◆ Records for processing ◆
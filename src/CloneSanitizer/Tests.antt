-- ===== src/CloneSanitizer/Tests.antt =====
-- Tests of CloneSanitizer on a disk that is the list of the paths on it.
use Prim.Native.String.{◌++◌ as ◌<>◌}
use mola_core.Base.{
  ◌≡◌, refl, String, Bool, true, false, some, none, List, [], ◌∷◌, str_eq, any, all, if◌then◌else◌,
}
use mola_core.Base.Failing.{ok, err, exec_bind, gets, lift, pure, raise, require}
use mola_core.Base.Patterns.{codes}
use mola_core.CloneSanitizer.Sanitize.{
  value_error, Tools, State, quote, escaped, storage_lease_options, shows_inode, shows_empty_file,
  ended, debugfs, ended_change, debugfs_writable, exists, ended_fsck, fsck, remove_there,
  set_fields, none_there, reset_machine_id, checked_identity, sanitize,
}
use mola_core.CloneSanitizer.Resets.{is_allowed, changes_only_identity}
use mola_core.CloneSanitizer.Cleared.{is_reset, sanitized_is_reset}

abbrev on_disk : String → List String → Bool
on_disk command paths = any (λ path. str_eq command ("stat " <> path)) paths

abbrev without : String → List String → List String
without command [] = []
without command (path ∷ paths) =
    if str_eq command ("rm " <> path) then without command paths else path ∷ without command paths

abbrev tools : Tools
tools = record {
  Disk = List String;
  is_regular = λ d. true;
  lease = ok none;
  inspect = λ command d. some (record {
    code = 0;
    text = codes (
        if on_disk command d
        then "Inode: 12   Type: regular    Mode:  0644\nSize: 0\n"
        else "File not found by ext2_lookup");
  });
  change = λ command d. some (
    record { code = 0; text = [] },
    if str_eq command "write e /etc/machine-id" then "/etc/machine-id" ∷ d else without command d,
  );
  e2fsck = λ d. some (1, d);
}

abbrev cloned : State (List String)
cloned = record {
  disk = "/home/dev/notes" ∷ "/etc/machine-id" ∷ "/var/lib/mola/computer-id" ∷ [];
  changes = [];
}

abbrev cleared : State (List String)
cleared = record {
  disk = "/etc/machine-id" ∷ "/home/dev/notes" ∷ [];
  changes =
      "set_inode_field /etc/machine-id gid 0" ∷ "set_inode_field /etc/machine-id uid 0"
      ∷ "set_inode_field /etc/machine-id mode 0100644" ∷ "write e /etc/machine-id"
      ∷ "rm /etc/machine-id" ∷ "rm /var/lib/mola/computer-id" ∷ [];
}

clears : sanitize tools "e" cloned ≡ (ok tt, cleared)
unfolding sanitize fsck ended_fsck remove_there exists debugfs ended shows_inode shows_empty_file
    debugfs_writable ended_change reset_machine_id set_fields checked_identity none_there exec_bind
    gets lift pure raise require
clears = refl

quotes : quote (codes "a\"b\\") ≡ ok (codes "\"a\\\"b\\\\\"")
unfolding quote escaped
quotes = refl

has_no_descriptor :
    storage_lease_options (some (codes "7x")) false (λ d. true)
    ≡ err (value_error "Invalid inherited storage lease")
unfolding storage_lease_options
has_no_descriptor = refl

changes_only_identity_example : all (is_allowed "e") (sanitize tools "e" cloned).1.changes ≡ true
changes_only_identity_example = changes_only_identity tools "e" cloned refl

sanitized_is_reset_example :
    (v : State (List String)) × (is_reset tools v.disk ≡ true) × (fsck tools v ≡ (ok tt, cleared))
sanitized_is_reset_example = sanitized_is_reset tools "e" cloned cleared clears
* * *
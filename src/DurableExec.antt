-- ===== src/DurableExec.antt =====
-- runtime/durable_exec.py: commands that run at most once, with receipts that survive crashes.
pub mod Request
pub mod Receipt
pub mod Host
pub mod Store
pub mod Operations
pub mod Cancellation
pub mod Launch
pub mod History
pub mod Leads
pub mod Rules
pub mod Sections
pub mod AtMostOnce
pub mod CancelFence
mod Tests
...
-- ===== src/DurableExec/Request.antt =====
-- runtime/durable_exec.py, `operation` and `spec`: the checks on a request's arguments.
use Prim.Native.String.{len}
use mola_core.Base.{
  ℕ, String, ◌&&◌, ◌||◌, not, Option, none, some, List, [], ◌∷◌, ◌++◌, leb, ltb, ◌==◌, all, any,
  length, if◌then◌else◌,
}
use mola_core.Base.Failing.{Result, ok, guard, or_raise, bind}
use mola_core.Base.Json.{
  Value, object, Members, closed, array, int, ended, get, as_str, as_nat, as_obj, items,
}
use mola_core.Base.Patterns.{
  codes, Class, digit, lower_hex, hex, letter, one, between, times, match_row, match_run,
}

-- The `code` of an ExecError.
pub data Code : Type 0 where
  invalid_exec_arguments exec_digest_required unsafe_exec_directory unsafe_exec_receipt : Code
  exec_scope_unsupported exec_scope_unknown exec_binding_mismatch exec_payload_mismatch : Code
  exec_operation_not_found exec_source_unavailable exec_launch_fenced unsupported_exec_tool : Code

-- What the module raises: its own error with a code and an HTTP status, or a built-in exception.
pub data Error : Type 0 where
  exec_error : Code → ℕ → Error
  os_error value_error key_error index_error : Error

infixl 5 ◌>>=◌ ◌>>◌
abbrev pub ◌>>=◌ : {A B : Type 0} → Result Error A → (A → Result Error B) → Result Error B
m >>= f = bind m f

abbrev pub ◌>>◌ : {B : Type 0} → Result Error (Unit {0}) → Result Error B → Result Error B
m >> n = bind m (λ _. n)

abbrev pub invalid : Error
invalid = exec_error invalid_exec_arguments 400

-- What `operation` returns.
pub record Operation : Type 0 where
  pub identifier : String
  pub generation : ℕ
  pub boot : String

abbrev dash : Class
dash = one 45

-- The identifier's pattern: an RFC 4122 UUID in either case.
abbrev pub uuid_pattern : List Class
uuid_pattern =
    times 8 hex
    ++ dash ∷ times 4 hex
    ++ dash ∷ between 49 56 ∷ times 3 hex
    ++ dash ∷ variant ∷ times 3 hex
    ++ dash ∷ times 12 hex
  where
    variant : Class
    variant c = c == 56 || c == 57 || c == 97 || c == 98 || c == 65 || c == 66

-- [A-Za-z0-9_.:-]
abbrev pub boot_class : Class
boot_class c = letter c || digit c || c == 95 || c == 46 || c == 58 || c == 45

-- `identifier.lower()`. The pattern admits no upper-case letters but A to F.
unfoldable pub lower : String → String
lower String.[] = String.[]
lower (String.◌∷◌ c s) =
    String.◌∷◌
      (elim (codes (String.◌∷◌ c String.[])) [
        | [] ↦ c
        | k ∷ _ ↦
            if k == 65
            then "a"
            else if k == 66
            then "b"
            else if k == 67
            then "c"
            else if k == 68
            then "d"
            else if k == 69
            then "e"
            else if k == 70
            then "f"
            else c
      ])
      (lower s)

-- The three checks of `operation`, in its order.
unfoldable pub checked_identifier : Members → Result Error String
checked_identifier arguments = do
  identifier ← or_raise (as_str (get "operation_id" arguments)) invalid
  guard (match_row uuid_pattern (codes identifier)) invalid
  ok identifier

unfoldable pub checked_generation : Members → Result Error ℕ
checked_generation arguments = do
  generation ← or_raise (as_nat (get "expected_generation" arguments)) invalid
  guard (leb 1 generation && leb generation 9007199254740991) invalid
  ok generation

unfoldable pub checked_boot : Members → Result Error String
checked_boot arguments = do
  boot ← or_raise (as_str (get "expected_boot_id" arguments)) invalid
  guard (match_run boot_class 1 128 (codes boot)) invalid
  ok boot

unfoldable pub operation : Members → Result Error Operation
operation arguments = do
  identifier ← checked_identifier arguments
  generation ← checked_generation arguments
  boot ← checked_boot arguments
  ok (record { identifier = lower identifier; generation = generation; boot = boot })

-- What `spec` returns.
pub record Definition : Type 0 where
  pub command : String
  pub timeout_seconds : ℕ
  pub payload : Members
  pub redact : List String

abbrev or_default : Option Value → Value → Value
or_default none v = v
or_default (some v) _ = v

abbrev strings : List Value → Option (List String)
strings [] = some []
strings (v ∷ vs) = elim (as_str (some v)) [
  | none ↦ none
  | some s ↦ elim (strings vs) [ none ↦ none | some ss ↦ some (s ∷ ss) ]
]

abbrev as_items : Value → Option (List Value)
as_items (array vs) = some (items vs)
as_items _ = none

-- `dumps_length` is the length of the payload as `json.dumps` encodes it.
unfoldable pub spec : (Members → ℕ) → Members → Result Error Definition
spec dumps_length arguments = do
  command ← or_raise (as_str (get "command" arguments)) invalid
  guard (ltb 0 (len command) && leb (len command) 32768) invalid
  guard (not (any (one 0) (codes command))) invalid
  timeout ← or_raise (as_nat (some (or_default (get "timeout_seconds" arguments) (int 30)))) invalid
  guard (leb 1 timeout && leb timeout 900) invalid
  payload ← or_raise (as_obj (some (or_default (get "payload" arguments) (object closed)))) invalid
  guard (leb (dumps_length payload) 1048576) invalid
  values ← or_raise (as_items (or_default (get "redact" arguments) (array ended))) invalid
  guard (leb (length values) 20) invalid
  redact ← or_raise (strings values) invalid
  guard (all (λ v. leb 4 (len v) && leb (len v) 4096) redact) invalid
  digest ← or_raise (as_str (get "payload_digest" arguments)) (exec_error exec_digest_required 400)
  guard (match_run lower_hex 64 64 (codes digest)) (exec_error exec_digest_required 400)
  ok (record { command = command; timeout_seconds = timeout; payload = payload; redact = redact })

◆ Exercise ◆
Extract the lines of the preceding material that run from the line with "abbrev pub ◌>>=◌" through the line with "abbrev pub boot_class : Class", inclusive, reproducing them exactly and adding nothing.

◆ Finished exercise ◆
abbrev pub ◌>>=◌ : {A B : Type 0} → Result Error A → (A → Result Error B) → Result Error B
m >>= f = bind m f

abbrev pub ◌>>◌ : {B : Type 0} → Result Error (Unit {0}) → Result Error B → Result Error B
m >> n = bind m (λ _. n)

abbrev pub invalid : Error
invalid = exec_error invalid_exec_arguments 400

-- What `operation` returns.
pub record Operation : Type 0 where
  pub identifier : String
  pub generation : ℕ
  pub boot : String

abbrev dash : Class
dash = one 45

-- The identifier's pattern: an RFC 4122 UUID in either case.
abbrev pub uuid_pattern : List Class
uuid_pattern =
    times 8 hex
    ++ dash ∷ times 4 hex
    ++ dash ∷ between 49 56 ∷ times 3 hex
    ++ dash ∷ variant ∷ times 3 hex
    ++ dash ∷ times 12 hex
  where
    variant : Class
    variant c = c == 56 || c == 57 || c == 97 || c == 98 || c == 65 || c == 66

-- [A-Za-z0-9_.:-]
abbrev pub boot_class : Class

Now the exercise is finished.